··· Records for this task

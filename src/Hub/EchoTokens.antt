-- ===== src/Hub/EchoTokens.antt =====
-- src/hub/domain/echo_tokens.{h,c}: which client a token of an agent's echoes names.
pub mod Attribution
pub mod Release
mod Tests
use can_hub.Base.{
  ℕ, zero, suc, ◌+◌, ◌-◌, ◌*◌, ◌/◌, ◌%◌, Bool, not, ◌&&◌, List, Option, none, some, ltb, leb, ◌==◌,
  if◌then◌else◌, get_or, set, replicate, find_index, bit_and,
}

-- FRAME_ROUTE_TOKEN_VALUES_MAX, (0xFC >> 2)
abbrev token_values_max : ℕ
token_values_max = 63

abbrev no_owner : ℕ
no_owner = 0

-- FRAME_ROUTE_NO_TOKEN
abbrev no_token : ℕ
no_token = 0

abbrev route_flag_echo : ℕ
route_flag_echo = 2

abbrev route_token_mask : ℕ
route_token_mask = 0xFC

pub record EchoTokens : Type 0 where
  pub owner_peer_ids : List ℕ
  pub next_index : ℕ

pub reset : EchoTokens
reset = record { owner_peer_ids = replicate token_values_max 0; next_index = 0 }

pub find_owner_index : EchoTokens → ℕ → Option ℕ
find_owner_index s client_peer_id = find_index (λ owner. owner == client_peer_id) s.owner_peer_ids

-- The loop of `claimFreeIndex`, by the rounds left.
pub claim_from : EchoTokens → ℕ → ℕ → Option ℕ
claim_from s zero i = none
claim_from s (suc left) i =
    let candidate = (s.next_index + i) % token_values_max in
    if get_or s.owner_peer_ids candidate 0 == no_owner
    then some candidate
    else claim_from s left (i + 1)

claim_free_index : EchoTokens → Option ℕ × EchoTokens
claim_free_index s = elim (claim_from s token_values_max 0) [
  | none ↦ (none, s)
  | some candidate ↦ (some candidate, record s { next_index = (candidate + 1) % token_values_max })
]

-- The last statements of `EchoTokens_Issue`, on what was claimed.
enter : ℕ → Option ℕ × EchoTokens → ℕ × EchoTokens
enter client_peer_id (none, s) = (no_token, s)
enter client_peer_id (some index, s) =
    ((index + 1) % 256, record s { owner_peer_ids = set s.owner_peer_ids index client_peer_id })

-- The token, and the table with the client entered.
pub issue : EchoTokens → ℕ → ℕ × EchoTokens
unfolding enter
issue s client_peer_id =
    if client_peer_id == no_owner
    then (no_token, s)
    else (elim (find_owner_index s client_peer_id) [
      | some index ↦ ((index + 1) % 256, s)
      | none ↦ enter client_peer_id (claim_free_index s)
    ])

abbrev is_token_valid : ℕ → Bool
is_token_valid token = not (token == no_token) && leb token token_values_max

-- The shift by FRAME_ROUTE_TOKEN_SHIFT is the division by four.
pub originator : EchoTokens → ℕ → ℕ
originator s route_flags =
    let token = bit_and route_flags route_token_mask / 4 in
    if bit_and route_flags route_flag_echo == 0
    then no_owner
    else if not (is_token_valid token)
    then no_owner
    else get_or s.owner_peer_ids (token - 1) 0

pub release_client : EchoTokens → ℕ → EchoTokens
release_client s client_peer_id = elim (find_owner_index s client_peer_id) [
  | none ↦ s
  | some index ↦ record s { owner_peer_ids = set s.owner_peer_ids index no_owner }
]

······

▸ What this task involves
Checking each line above, count the ones that hold the word "antt" and state the total alone.

▸ Answer area
2